I watched the people being helped by the EMT's. I had missed where some of them where found; could there have been someone lying in Edward's place?

I looked at him out of the corner of my eye again. His eyes were closed but his face showed complete serenity.

Oh. My. God. I was standing next to a psychotic killer with no remorse for his victims.

I started stepping away and then stopped. Wait, Iz, I told myself, you're jumping to conclusions. Edward's not a killer, what kind of bull shit is that? You've been watching too many movies with Renée. Calm down.

But then why was he lying to me?

It all came down to that. Edward was hiding something, possibly the fact that he threw a kid in front of a car.
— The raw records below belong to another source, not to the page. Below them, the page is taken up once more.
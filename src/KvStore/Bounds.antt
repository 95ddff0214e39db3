-- ===== src/KvStore/Bounds.antt =====
-- `std::ops::Bound` and `RangeBounds::contains` over byte keys, and a range of an ordered map.
use gears.Base.{
  ◌≡◌, Bool, true, false, not, ◌&&◌, ◌||◌, none, [], ◌∷◌, arith, Ordering, All, if◌then◌else◌,
}
use gears.Base.Order.{Bytes, bytes_ord, cmp_bytes, cmp_bytes-eq, cmp_bytes-reverse, ◌≺◌, ◌≟◌}
use gears.Base.Maps.{BtreeMap, IsAscending}
use gears.Base.Maps

pub data Bound : Type 0 where
  included excluded : Bytes → Bound
  unbounded : Bound

pub record Bounds : Type 0 where
  pub start : Bound
  pub end : Bound

abbrev pub lt_bytes : Bytes → Bytes → Bool
lt_bytes a b = elim (cmp_bytes a b) [ Ordering.lt ↦ true | _ ↦ false ]

pub lt_bytes_asym : (a b : Bytes) → lt_bytes a b ≡ true → lt_bytes b a ≡ false
lt_bytes_asym a b h = ground (arith, cmp_bytes-reverse a b)

pub lt_bytes→≺ : (a b : Bytes) → lt_bytes a b ≡ true → a ≺ b
lt_bytes→≺ a b h = ground arith

pub lt_bytes→not_≺ : (a b : Bytes) → lt_bytes a b ≡ false → a ≺ b → ⊥
lt_bytes→not_≺ a b h = ground arith

pub lt_bytes_of_ne : (a b : Bytes) → lt_bytes a b ≡ false → (a ≟ b) ≡ false → lt_bytes b a ≡ true
lt_bytes_of_ne a b h n = ground (arith, cmp_bytes-reverse a b)

pub not_eq_of_≺ : (a b : Bytes) → a ≺ b → (b ≟ a) ≡ false
not_eq_of_≺ a b h = ground (arith, cmp_bytes-reverse a b)

abbrev pub after_start : Bound → Bytes → Bool
after_start (included b) k = not (lt_bytes k b)
after_start (excluded b) k = lt_bytes b k
after_start unbounded k = true

abbrev pub before_end : Bound → Bytes → Bool
before_end (included b) k = not (lt_bytes b k)
before_end (excluded b) k = lt_bytes k b
before_end unbounded k = true

unfoldable pub contains_key : Bounds → Bytes → Bool
contains_key r k = after_start r.start k && before_end r.end k

-- The entries of a map that a test on keys passes, in order.
unfoldable pub select : (Bytes → Bool) → BtreeMap Bytes Bytes → BtreeMap Bytes Bytes
select test [] = []
select test ((k, v) ∷ m) = let rest = select test m in if test k then (k, v) ∷ rest else rest

-- Bounds on which `BTreeMap::range` panics: the start above the end, or equal and both excluded.
abbrev pub inverted : Bound → Bound → Bool
inverted (included a) (included b) = lt_bytes b a
inverted (included a) (excluded b) = lt_bytes b a
inverted (excluded a) (included b) = lt_bytes b a
inverted (excluded a) (excluded b) = lt_bytes b a || (a ≟ b)
inverted (included a) unbounded = false
inverted (excluded a) unbounded = false
inverted unbounded e = false

-- A map without an entry is not searched, and does not panic.
unfoldable pub range_panics : BtreeMap Bytes Bytes → Bounds → Bool
range_panics [] r = false
range_panics (e ∷ m) r = inverted r.start r.end

-- `BTreeMap::range`, where it does not panic
unfoldable pub map_range : BtreeMap Bytes Bytes → Bounds → BtreeMap Bytes Bytes
map_range m r = select (contains_key r) m

select-All :
    (P : Bytes × Bytes → Type 0) (test : Bytes → Bool) (m : BtreeMap Bytes Bytes)
    → All P m
    → All P (select test m)
unfolding select
select-All P test [] a = tt
select-All P test ((k, v) ∷ m) a = ground (arith, select-All P test m a.1)

pub select-IsAscending :
    (test : Bytes → Bool) (m : BtreeMap Bytes Bytes) → IsAscending m → IsAscending (select test m)
unfolding select
select-IsAscending test [] s = tt
select-IsAscending test ((k, v) ∷ m) s = ground (
  arith,
  select-IsAscending test m s.1,
  select-All (λ (e : Bytes × Bytes). cmp_bytes k e.0 ≡ Ordering.lt) test m s.0,
)

test_of_eq : (test : Bytes → Bool) (k j : Bytes) → (k ≟ j) ≡ true → test k ≡ test j
test_of_eq test k j h = ground (arith, cmp_bytes-eq k j)

pub get-select :
    (test : Bytes → Bool) (m : BtreeMap Bytes Bytes) (j : Bytes)
    → Maps.get j (select test m) ≡ (if test j then Maps.get j m else none)
unfolding select Maps.get
get-select test [] j = ground arith
get-select test ((k, v) ∷ m) j = ground (arith, get-select test m j, test_of_eq test k j)
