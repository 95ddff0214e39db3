-- ===== src/KvStore/Tree.antt =====
-- What the stores ask of the persistent tree (trees/src/iavl/tree.rs) behind their shared pointer.
use gears.Base.{◌≡◌, false, Option, none, some, List, if◌then◌else◌}
use gears.Base.Order.{Bytes, bytes_ord, ◌≟◌}
use gears.Base.Maps.{IsAscending}
use gears.Base.Maps
use gears.KvStore.Bounds.{Bounds, contains_key}

-- A value of `Tree` is a state of the shared tree; the operations that write return the next one.
-- `IsValid` is the tree's own invariant. `save_version` fails where it would overwrite a version.
pub record PersistentTree : Type 1 where
  pub Tree : Type 0
  pub Hash : Type 0
  pub get : Tree → Bytes → Option Bytes
  pub set : Tree → Bytes → Bytes → Tree
  pub remove : Tree → Bytes → Tree
  pub range : Tree → Bounds → List (Bytes × Bytes)
  pub save_version : Tree → Option (Hash × Tree)
  pub IsValid : Tree → Type 0
  pub set-IsValid : (t : Tree) (k v : Bytes) → IsValid t → IsValid (set t k v)
  pub remove-IsValid : (t : Tree) (k : Bytes) → IsValid t → IsValid (remove t k)
  pub get-set :
      (t : Tree) (k v j : Bytes)
      → IsValid t
      → get (set t k v) j ≡ (if k ≟ j then some v else get t j)
  -- A key is removed where another key is stored beside it.
  pub get-remove :
      (t : Tree) (k j other w : Bytes)
      → IsValid t
      → (k ≟ other) ≡ false
      → get t other ≡ some w
      → get (remove t k) j ≡ (if k ≟ j then none else get t j)
  pub get-save_version :
      (t t' : Tree) (h : Hash) (j : Bytes) → save_version t ≡ some (h, t') → get t' j ≡ get t j
  pub range-IsAscending : (t : Tree) (r : Bounds) → IsValid t → IsAscending (range t r)
  pub get-range :
      (t : Tree) (r : Bounds) (j : Bytes)
      → IsValid t
      → Maps.get j (range t r) ≡ (if contains_key r j then get t j else none)
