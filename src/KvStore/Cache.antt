-- ===== src/KvStore/Cache.antt =====
-- kv_store/src/cache.rs: the pending writes of a store.
use gears.Base.{◌≡◌, true, Option, none, some, [], refl, arith, if◌then◌else◌}
use gears.Base.Order.{Bytes, bytes_ord, ◌≟◌}
use gears.Base.Maps.{
  BtreeMap, HashSet, IsAscending, contains, add, discard, contains-add, contains-discard,
  get-insert, get-remove, insert-IsAscending, remove-IsAscending,
}
use gears.Base.Maps
use gears.Base.Results.{Result, ok, err}

-- `KVCache`
pub record KvCache : Type 0 where
  pub storage : BtreeMap Bytes Bytes
  pub delete : HashSet Bytes

pub data DeletedError : Type 0 where
  deleted : DeletedError

abbrev pub empty : KvCache
empty = record { storage = []; delete = [] }

-- The two collections, and the cache that is left.
unfoldable pub take : KvCache → (BtreeMap Bytes Bytes × HashSet Bytes) × KvCache
take c = ((c.storage, c.delete), empty)

unfoldable pub get : KvCache → Bytes → Result DeletedError (Option Bytes)
get c k = if contains k c.delete then err deleted else ok (Maps.get k c.storage)

unfoldable pub delete : KvCache → Bytes → Option Bytes × KvCache
delete c k =
    (Maps.get k c.storage, record { storage = Maps.remove k c.storage; delete = add k c.delete })

unfoldable pub set : KvCache → Bytes → Bytes → KvCache
set c k v = record { storage = Maps.insert k v c.storage; delete = discard k c.delete }

-- A key is written or deleted, never both, and the written keys are in order.
pub record IsValid (c : KvCache) : Type 0 where
  pub ascending : IsAscending c.storage
  pub disjoint : (k : Bytes) → contains k c.delete ≡ true → Maps.get k c.storage ≡ none

pub empty-IsValid : IsValid empty
unfolding contains
empty-IsValid = record { ascending = tt; disjoint = λ k h. cc }

-- Both writes keep the cache valid.
pub set-IsValid : (c : KvCache) (k v : Bytes) → IsValid c → IsValid (set c k v)
unfolding set
set-IsValid c k v h = record {
  ascending = insert-IsAscending k v c.storage h.ascending;
  disjoint = λ j p.
      ground (arith, contains-discard k j c.delete, get-insert k j v c.storage, h.disjoint j);
}

pub delete-IsValid : (c : KvCache) (k : Bytes) → IsValid c → IsValid (delete c k).1
unfolding delete
delete-IsValid c k h = record {
  ascending = remove-IsAscending k c.storage h.ascending;
  disjoint =
      λ j p. ground (arith, contains-add k j c.delete, get-remove k j c.storage, h.disjoint j);
}

-- What a key reads as, through the cache, over what lies below.
unfoldable pub over : KvCache → Bytes → Option Bytes → Option Bytes
over c k below = elim (get c k) [ ok (some v) ↦ some v | ok none ↦ below | err _ ↦ none ]

pub over-set :
    (c : KvCache) (k v j : Bytes) (below : Option Bytes)
    → over (set c k v) j below ≡ (if k ≟ j then some v else over c j below)
unfolding over get set
over-set c k v j below = ground (arith, contains-discard k j c.delete, get-insert k j v c.storage)

pub over-delete :
    (c : KvCache) (k j : Bytes) (below : Option Bytes)
    → over (delete c k).1 j below ≡ (if k ≟ j then none else over c j below)
unfolding over get delete
over-delete c k j below = ground (arith, contains-add k j c.delete, get-remove k j c.storage)

pub over-empty : (k : Bytes) (below : Option Bytes) → over empty k below ≡ below
unfolding over get contains Maps.get
over-empty k below = refl
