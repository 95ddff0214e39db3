-- ===== src/KvStore/Application.antt =====
-- kv_store/src/bank/kv/application.rs. The tree is shared by the banks, so each operation takes its
-- current state; a bank itself holds the cache.

pub mod Views
pub mod Commit
use gears.Base.{Option, none, some, List, [], ◌∷◌, ◌++◌, map, or_option}
use gears.Base.Order.{Bytes, bytes_ord}
use gears.Base.Maps.{BtreeMap, HashSet}
use gears.Base.Maps
use gears.Base.Results.{ok, err}
use gears.KvStore.Cache.{KvCache, empty}
use gears.KvStore.Cache
use gears.KvStore.Tree.{PersistentTree}

-- `ApplicationKVBank`
pub record ApplicationKvBank : Type 0 where
  pub cache : KvCache

unfoldable pub cache_clear : ApplicationKvBank → ApplicationKvBank
cache_clear b = record { cache = empty }

unfoldable pub set : ApplicationKvBank → Bytes → Bytes → ApplicationKvBank
set b k v = record { cache = Cache.set b.cache k v }

-- for (key, value) in set_values { cache.set(key, value) }
unfoldable pub set_all : BtreeMap Bytes Bytes → KvCache → KvCache
set_all [] c = c
set_all ((k, v) ∷ m) c = set_all m (Cache.set c k v)

-- for del in delete { cache.delete(&del); }
unfoldable pub delete_all : HashSet Bytes → KvCache → KvCache
delete_all [] c = c
delete_all (k ∷ s) c = delete_all s (Cache.delete c k).1

-- The cache under the pending writes and deletions of another.
unfoldable pub merge : KvCache → KvCache → KvCache
merge from into = delete_all from.delete (set_all from.storage into)

-- The entries of the map that `commit` collects, in the order of the chain.
unfoldable pub pending_writes : BtreeMap Bytes Bytes → List (Bytes × Option Bytes)
pending_writes [] = []
pending_writes ((k, v) ∷ m) = (k, some v) ∷ pending_writes m

unfoldable pub pending_deletes : HashSet Bytes → List (Bytes × Option Bytes)
pending_deletes [] = []
pending_deletes (k ∷ s) = (k, none) ∷ pending_deletes s

-- `collect::<BTreeMap<_, _>>()`
unfoldable pub collect :
    List (Bytes × Option Bytes) → BtreeMap Bytes (Option Bytes) → BtreeMap Bytes (Option Bytes)
collect [] m = m
collect ((k, v) ∷ l) m = collect l (Maps.insert k v m)

module _ (p : PersistentTree) where
  open p use {Tree, Hash}

  unfoldable pub get : Tree → ApplicationKvBank → Bytes → Option Bytes
  get t b k = elim (Cache.get b.cache k) [ err _ ↦ none | ok found ↦ or_option found (p.get t k) ]

  -- The value returned and the bank that is left.
  unfoldable pub delete : Tree → ApplicationKvBank → Bytes → Option Bytes × ApplicationKvBank
  delete t b k =
      let (old, cache) = Cache.delete b.cache k in
      (or_option old (p.get t k), record { cache = cache })

  -- for (key, value) in cache { ... }
  unfoldable pub apply : BtreeMap Bytes (Option Bytes) → Tree → Tree
  apply [] t = t
  apply ((k, some v) ∷ m) t = apply m (p.set t k v)
  apply ((k, none) ∷ m) t = apply m (p.remove t k)

  -- The hash, the tree and the bank that are left; `none` where `unwrap_or_corrupt` aborts.
  unfoldable pub commit : Tree → ApplicationKvBank → Option (Hash × Tree × ApplicationKvBank)
  commit t b =
      let ((written, deleted), cache) = Cache.take b.cache in
      let changes = collect (pending_writes written ++ pending_deletes deleted) [] in
      elim (p.save_version (apply changes t)) [
        | none ↦ none
        | some (h, t') ↦ some (h, t', record { cache = cache })
      ]
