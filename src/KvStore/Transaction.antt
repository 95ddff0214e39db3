-- ===== src/KvStore/Transaction.antt =====
-- kv_store/src/bank/kv/transaction.rs: the writes of one transaction over those of the block, over
-- the shared tree.
pub mod Views
pub mod Ops
use gears.Base.{Option, none, some, or_option}
use gears.Base.Order.{Bytes, bytes_ord}
use gears.Base.Maps.{BtreeMap, HashSet}
use gears.Base.Maps
use gears.Base.Results.{ok, err}
use gears.KvStore.Cache.{KvCache, empty}
use gears.KvStore.Cache
use gears.KvStore.Tree.{PersistentTree}
use gears.KvStore.Application.{ApplicationKvBank, merge}

-- `TransactionKVBank`
pub record TransactionKvBank : Type 0 where
  pub tx : KvCache
  pub block : KvCache

-- application.rs: a transaction bank over the same tree, its block cache a copy of the cache.
unfoldable pub to_tx_kind : ApplicationKvBank → TransactionKvBank
to_tx_kind a = record { tx = empty; block = a.cache }

unfoldable pub tx_cache_clear : TransactionKvBank → TransactionKvBank
tx_cache_clear b = record b { tx = empty }

unfoldable pub block_cache_clear : TransactionKvBank → TransactionKvBank
block_cache_clear b = record b { block = empty }

unfoldable pub upgrade_cache : TransactionKvBank → TransactionKvBank
upgrade_cache b =
    let ((written, deleted), tx) = Cache.take b.tx in
    record { tx = tx; block = merge (record { storage = written; delete = deleted }) b.block }

unfoldable pub take_block_cache :
    TransactionKvBank → (BtreeMap Bytes Bytes × HashSet Bytes) × TransactionKvBank
take_block_cache b = let (taken, block) = Cache.take b.block in (taken, record b { block = block })

unfoldable pub set : TransactionKvBank → Bytes → Bytes → TransactionKvBank
set b k v = record b { tx = Cache.set b.tx k v }

-- The application bank's writes are copied, not taken.
unfoldable pub append_block_cache : TransactionKvBank → ApplicationKvBank → TransactionKvBank
append_block_cache b other = record b { block = merge other.cache b.block }

-- application.rs: the application bank and the transaction bank that are left.
unfoldable pub consume_block_cache :
    ApplicationKvBank → TransactionKvBank → ApplicationKvBank × TransactionKvBank
consume_block_cache a other =
    let ((written, deleted), block) = Cache.take other.block in
    (
      record { cache = merge (record { storage = written; delete = deleted }) a.cache },
      record other { block = block },
    )

module _ (p : PersistentTree) where
  open p use {Tree}

  unfoldable pub get : Tree → TransactionKvBank → Bytes → Option Bytes
  get t b k = elim (Cache.get b.tx k) [
    | err _ ↦ none
    | ok (some v) ↦ some v
    | ok none ↦ elim (Cache.get b.block k) [ err _ ↦ none | ok found ↦ or_option found (p.get t k) ]
  ]

  -- The value returned is looked for in the block's writes and in the tree whatever is deleted.
  unfoldable pub delete : Tree → TransactionKvBank → Bytes → Option Bytes × TransactionKvBank
  delete t b k =
      let (old, tx) = Cache.delete b.tx k in
      (or_option old (or_option (Maps.get k b.block.storage) (p.get t k)), record b { tx = tx })
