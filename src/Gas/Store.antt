-- ===== src/Gas/Store.antt =====
-- gears/src/types/store/gas/kv and /prefix: a store of the transaction bank that charges the
-- transaction's meter for each access.
pub mod Atomic
pub mod Prefix
use gears.Base.{ℕ, Option, none, some, length}
use gears.Base.Order.{Bytes}
use gears.Base.Results.{Result, ok, err}
use gears.Base.Exec.{Exec, pure, lift, ◌>>=◌, ◌>>◌}
use gears.Gas.Meter.{GasMeter}
use gears.Gas.Guard.{Guarded, GasStoreErrors}
use gears.Gas.Guard
use gears.KvStore.Tree.{PersistentTree}
use gears.KvStore.Transaction.{TransactionKvBank}
use gears.KvStore.Transaction

-- The meter is behind a shared pointer, and the bank behind a mutable reference.
pub record GasStore : Type 0 where
  pub meter : GasMeter
  pub bank : TransactionKvBank

-- A charge on the shared meter.
unfoldable pub guarded : Guarded (Unit {0}) → Exec GasStore GasStoreErrors (Unit {0})
guarded act s = let (r, m) = act s.meter in (r, record s { meter = m })

abbrev pub size : Option Bytes → Option ℕ
size none = none
size (some v) = some (length v)

module _ (p : PersistentTree) where
  open p use {Tree}

  unfoldable pub get : Tree → Bytes → Exec GasStore GasStoreErrors (Option Bytes)
  unfolding guarded
  get t k s =
      let value = Transaction.get p t s.bank k in
      (do guarded (Guard.get (length k) (size value) k); pure value) s

  unfoldable pub delete : Tree → Bytes → Exec GasStore GasStoreErrors (Option Bytes)
  unfolding guarded
  delete t k = do
    guarded (Guard.delete k)
    λ s. let (old, bank) = Transaction.delete p t s.bank k in (ok old, record s { bank = bank })

unfoldable pub set : Bytes → Bytes → Exec GasStore GasStoreErrors (Unit {0})
unfolding guarded
set k v = do
  guarded (Guard.set (length k) (length v) k)
  λ s. (ok tt, record s { bank = Transaction.set s.bank k v })
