-- ===== src/Gas/Store/Prefix.antt =====
-- gears/src/types/store/gas/prefix: a metered prefix store charges for the key without its prefix.
use gears.Base.{◌≡◌, Option, ◌++◌, arith, length}
use gears.Base.Order.{Bytes}
use gears.Base.Results.{ok}
use gears.Base.Exec.{Exec, pure, ◌>>◌}
use gears.Gas.Guard.{GasStoreErrors}
use gears.Gas.Guard
use gears.Gas.Store.{GasStore, guarded, size}
use gears.KvStore.Tree.{PersistentTree}
use gears.KvStore.Transaction

unfoldable pub set : Bytes → Bytes → Bytes → Exec GasStore GasStoreErrors (Unit {0})
unfolding guarded
set prefix k v = guarded (Guard.set (length k) (length v) k) >> λ s.
    (ok tt, record s { bank = Transaction.set s.bank (prefix ++ k) v })

pub set-bank :
    (prefix k v : Bytes) (s : GasStore)
    → (set prefix k v s).0 ≡ ok tt
    → (set prefix k v s).1.bank ≡ Transaction.set s.bank (prefix ++ k) v
unfolding set
set-bank prefix k v s h = ground arith

module _ (p : PersistentTree) where
  open p use {Tree}

  unfoldable pub get : Bytes → Tree → Bytes → Exec GasStore GasStoreErrors (Option Bytes)
  unfolding guarded
  get prefix t k s =
      let value = Transaction.get p t s.bank (prefix ++ k) in
      (guarded (Guard.get (length k) (size value) k) >> pure value) s

  unfoldable pub delete : Bytes → Tree → Bytes → Exec GasStore GasStoreErrors (Option Bytes)
  unfolding guarded
  delete prefix t k = guarded (Guard.delete k) >> λ s.
      let (old, bank) = Transaction.delete p t s.bank (prefix ++ k) in
      (ok old, record s { bank = bank })

  pub get-found :
      (prefix : Bytes) (t : Tree) (k : Bytes) (s : GasStore)
      → ((get prefix t k s).1.bank ≡ s.bank)
        × ((found : Option Bytes)
            → (get prefix t k s).0 ≡ ok found
            → found ≡ Transaction.get p t s.bank (prefix ++ k))
  unfolding get
  get-found prefix t k s = (ground arith, λ found h. ground arith)

  pub delete-bank :
      (prefix : Bytes) (t : Tree) (k : Bytes) (s : GasStore) (old : Option Bytes)
      → (delete prefix t k s).0 ≡ ok old
      → (delete prefix t k s).1.bank ≡ (Transaction.delete p t s.bank (prefix ++ k)).1
  unfolding delete
  delete-bank prefix t k s old h = ground arith
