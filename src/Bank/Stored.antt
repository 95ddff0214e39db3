-- ===== src/Bank/Stored.antt =====
-- x/bank/src/keeper/mod.rs: the keys of balances, over the metered stores of the modules. The
-- serializers are parameters.
pub mod Keys
pub mod Accesses
pub mod Moves
pub mod Modules
use gears.Base.{ℕ, Bool, true, false, List, [], ◌∷◌, ◌++◌, Option, none, some, length}
use mathlib.Core.Option
use gears.Base.Order.{Bytes}
use gears.Base.Results.{Result, ok, err, ok_or, map_err}
use gears.Base.Exec.{Exec, pure, lift, ◌>>=◌}
use gears.Coins.{Coin}
use gears.Gas.Meter.{GasMeter}
use gears.Gas.Guard.{GasStoreErrors}
use gears.Gas.Store.{GasStore}
use gears.Gas.Store
use gears.Gas.Store.Prefix
use gears.KvStore.Tree.{PersistentTree}
use gears.KvStore.Transaction.{TransactionKvBank}
use gears.KvStore.Transaction
use gears.Bank.Ledger.{AccessError, refused, corrupt, Contents}

abbrev pub is_some : Option Bytes → Bool
is_some none = false
is_some (some _) = true

-- Protobuf and JSON, and the prefix and the keys of the parameters of the module.
pub record Codecs : Type 0 where
  pub coin_encode_vec : Coin → Bytes
  pub coin_decode : Bytes → Option Coin
  pub account_decodes : Bytes → Bool
  pub params_fields : List Bytes
  pub params_prefix : Bytes
  pub params_parse : Option (List Bytes) → Option (List (Bytes × Bool) × Bool)

-- The meter of the transaction, and its stores of the bank, of auth and of the parameters.
pub record Context : Type 0 where
  pub meter : GasMeter
  pub bank : TransactionKvBank
  pub auth : TransactionKvBank
  pub params : TransactionKvBank

-- The trees under the three stores.
pub record Trees (Tree : Type 0) : Type 0 where
  pub bank : Tree
  pub auth : Tree
  pub params : Tree

unfoldable pub create_denom_balance_prefix : Bytes → Bytes
create_denom_balance_prefix addr = 2 ∷ length addr ∷ addr

-- The key in the store below the prefix store.
unfoldable pub balance_key : Bytes → Bytes → Bytes
unfolding create_denom_balance_prefix
balance_key addr denom = create_denom_balance_prefix addr ++ denom

-- `create_auth_store_key` of x/auth/src/keeper.rs
unfoldable pub create_auth_store_key : Bytes → Bytes
create_auth_store_key address = 1 ∷ address

abbrev pub Accessing : Type 0 → Type 0
Accessing A = Exec Context AccessError A

abbrev pub at_bank : {A : Type 0} → Exec GasStore GasStoreErrors A → Accessing A
at_bank m c =
    let (r, s) = m (record { meter = c.meter; bank = c.bank }) in
    (map_err refused r, record c { meter = s.meter; bank = s.bank })

-- A read leaves the store of another module as it is.
abbrev pub at_auth : {A : Type 0} → Exec GasStore GasStoreErrors A → Accessing A
at_auth m c =
    let (r, s) = m (record { meter = c.meter; bank = c.auth }) in
    (map_err refused r, record c { meter = s.meter })

abbrev pub at_params : {A : Type 0} → Exec GasStore GasStoreErrors A → Accessing A
at_params m c =
    let (r, s) = m (record { meter = c.meter; bank = c.params }) in
    (map_err refused r, record c { meter = s.meter })

-- `unwrap_or_corrupt` of what is there.
abbrev pub decoded :
    {A : Type 0} → (Bytes → Option A) → Option Bytes → Result AccessError (Option A)
decoded decode none = ok none
decoded decode (some bytes) = elim (decode bytes) [ none ↦ err corrupt | some a ↦ ok (some a) ]

-- Whether an account is there, which is read.
abbrev pub is_there : (Bytes → Bool) → Option Bytes → Result AccessError Bool
is_there decodes none = ok false
is_there decodes (some bytes) = elim (decodes bytes) [ true ↦ ok true | false ↦ err corrupt ]

abbrev pub readable : {A : Type 0} → (Bytes → Option A) → Option Bytes → Option A
readable decode none = none
readable decode (some bytes) = decode bytes

module _ (p : PersistentTree) (codec : Codecs) where
  open p use {Tree}

  -- What stands under the key of a balance.
  unfoldable pub balances : Trees Tree → Context → Contents
  unfolding balance_key
  balances t c addr denom =
      readable codec.coin_decode (Transaction.get p t.bank c.bank (balance_key addr denom))

  unfoldable pub get_balance : Trees Tree → Bytes → Bytes → Accessing (Option Coin)
  unfolding create_denom_balance_prefix
  get_balance t addr denom =
      at_bank (Prefix.get p (create_denom_balance_prefix addr) t.bank denom) >>= λ found.
      lift (decoded codec.coin_decode found)

  unfoldable pub put_balance : Bytes → Bytes → Coin → Accessing (Unit {0})
  unfolding create_denom_balance_prefix
  put_balance addr denom c =
      at_bank (Prefix.set (create_denom_balance_prefix addr) denom (codec.coin_encode_vec c))

  unfoldable pub delete_balance : Trees Tree → Bytes → Bytes → Accessing (Unit {0})
  unfolding create_denom_balance_prefix
  delete_balance t addr denom =
      at_bank (Prefix.delete p (create_denom_balance_prefix addr) t.bank denom) >>= λ _. pure tt

  -- Of the account, only whether there is one.
  unfoldable pub get_account : Trees Tree → Bytes → Accessing Bool
  unfolding create_auth_store_key
  get_account t addr = at_auth (Store.get p t.auth (create_auth_store_key addr)) >>= λ found.
      lift (is_there codec.account_decodes found)

  unfoldable pub has_account : Trees Tree → Bytes → Accessing Bool
  unfolding create_auth_store_key
  has_account t addr =
      at_auth (Store.get p t.auth (create_auth_store_key addr)) >>= λ found. pure (is_some found)

  -- The read stops at the first field that is missing.
  abbrev pub next_field :
      Accessing (Option (List Bytes)) → Option Bytes → Accessing (Option (List Bytes))
  next_field rest none = pure none
  next_field rest (some value) = rest >>= λ found. pure (Option.map (λ vs. value ∷ vs) found)

  unfoldable pub read_fields : Trees Tree → List Bytes → Accessing (Option (List Bytes))
  read_fields t [] = pure (some [])
  read_fields t (k ∷ ks) =
      let rest = read_fields t ks in
      at_params (Prefix.get p codec.params_prefix t.params k) >>= next_field rest

  unfoldable pub try_get_params : Trees Tree → Accessing (List (Bytes × Bool) × Bool)
  unfolding read_fields
  try_get_params t = read_fields t codec.params_fields >>= λ fields.
      lift (ok_or corrupt (codec.params_parse fields))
It could be something else, I just couldn't think of what that might be.

His face now looked pained.

"Well, I just…I'm gonna…umm…go to class."

He opened his eyes to look at me like I was crazy. "Bella, classes aren't really running at the moment." He pointed to the area by the ambulance. Most of the staff was body blocking the more emotional bystanders.

It totally didn't fit the situation, but I suddenly felt excited. "Do you think they'll cancel school?"

That same look, intensified. I looked back, eyes wide, showing him I was serious.

He rolled his eyes and snorted. "Only you would watch a pile up this ugly and wonder whether it would get you out of school or not."

I suddenly got angry. He was totally right, but that didn't mean he had to call me out on it. "Only you would somehow escape said pile up and then have a reason to lie about how you did it."

He turned to me sharply. "I didn't lie."

I started walking backwards towards the building. "But you didn't tell the truth either." Then I turned and finally made it to the grass where I could walk at a normal pace. If I felt Edward's stare on my back, I didn't let it on.